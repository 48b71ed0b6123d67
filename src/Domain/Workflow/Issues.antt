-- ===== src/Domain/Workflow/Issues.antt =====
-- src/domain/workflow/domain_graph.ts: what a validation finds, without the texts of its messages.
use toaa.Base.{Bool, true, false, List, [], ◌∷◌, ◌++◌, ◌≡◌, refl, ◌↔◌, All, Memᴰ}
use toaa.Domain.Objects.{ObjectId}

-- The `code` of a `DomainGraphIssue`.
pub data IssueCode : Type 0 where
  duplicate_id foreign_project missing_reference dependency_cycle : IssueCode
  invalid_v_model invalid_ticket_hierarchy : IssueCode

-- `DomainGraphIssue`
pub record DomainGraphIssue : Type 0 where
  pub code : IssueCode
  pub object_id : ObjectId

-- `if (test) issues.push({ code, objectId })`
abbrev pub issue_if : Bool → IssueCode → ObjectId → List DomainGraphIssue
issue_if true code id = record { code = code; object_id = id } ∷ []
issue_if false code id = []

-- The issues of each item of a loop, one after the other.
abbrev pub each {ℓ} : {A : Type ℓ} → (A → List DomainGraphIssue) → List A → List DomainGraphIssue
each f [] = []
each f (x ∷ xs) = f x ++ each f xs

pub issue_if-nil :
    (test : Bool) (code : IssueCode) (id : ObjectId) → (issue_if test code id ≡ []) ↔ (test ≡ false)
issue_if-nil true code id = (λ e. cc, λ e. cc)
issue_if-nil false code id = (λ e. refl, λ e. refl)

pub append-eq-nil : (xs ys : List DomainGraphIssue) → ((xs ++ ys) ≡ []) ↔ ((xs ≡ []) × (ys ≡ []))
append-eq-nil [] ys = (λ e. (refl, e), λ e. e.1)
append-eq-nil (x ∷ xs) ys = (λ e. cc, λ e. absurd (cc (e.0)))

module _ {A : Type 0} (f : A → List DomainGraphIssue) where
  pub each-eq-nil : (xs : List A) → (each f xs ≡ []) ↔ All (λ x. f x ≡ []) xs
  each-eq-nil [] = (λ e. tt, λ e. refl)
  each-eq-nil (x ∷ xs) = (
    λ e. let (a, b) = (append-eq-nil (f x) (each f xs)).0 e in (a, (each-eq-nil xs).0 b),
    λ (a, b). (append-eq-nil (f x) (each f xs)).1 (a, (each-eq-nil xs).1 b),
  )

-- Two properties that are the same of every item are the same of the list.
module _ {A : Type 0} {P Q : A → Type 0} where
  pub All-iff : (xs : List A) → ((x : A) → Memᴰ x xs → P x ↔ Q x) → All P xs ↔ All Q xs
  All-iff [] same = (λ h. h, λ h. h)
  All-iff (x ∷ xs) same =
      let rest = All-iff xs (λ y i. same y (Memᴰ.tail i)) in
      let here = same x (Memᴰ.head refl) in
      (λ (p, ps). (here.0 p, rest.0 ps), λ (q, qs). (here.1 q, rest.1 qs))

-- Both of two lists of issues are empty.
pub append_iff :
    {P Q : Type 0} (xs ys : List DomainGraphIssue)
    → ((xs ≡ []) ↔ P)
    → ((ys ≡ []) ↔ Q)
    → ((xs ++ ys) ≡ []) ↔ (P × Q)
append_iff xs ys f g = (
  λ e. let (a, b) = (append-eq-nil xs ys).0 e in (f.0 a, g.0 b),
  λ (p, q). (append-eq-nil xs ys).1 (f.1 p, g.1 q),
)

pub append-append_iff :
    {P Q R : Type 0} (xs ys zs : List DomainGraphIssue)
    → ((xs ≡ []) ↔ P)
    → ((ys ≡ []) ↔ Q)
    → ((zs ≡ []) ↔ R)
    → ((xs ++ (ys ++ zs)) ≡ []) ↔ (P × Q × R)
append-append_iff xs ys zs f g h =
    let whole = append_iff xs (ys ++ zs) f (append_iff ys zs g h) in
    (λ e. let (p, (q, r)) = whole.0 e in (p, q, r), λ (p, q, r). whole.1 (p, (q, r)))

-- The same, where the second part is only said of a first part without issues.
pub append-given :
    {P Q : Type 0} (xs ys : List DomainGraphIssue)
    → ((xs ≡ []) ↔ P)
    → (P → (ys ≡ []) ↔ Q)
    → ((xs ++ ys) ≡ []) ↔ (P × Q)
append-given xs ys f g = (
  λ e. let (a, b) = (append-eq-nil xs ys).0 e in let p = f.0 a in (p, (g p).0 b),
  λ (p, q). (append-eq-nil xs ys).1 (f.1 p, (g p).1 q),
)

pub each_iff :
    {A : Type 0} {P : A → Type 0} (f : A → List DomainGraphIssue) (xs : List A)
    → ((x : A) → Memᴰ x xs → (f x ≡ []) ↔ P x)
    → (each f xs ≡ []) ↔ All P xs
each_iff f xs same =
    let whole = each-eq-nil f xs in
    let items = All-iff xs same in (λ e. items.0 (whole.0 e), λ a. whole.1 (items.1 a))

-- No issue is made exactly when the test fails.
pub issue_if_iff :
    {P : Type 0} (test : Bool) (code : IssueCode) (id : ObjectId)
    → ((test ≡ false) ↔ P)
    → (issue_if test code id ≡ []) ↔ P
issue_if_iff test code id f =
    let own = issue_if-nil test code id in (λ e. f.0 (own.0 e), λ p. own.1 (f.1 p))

....

**Directions**. The lines sought are those in the data above that include the string "IssueCode"; copy each one.

**Answer to this exercise**.
pub data IssueCode : Type 0 where
  duplicate_id foreign_project missing_reference dependency_cycle : IssueCode
  invalid_v_model invalid_ticket_hierarchy : IssueCode
  pub code : IssueCode
abbrev pub issue_if : Bool → IssueCode → ObjectId → List DomainGraphIssue
    (test : Bool) (code : IssueCode) (id : ObjectId) → (issue_if test code id ≡ []) ↔ (test ≡ false)
    {P : Type 0} (test : Bool) (code : IssueCode) (id : ObjectId)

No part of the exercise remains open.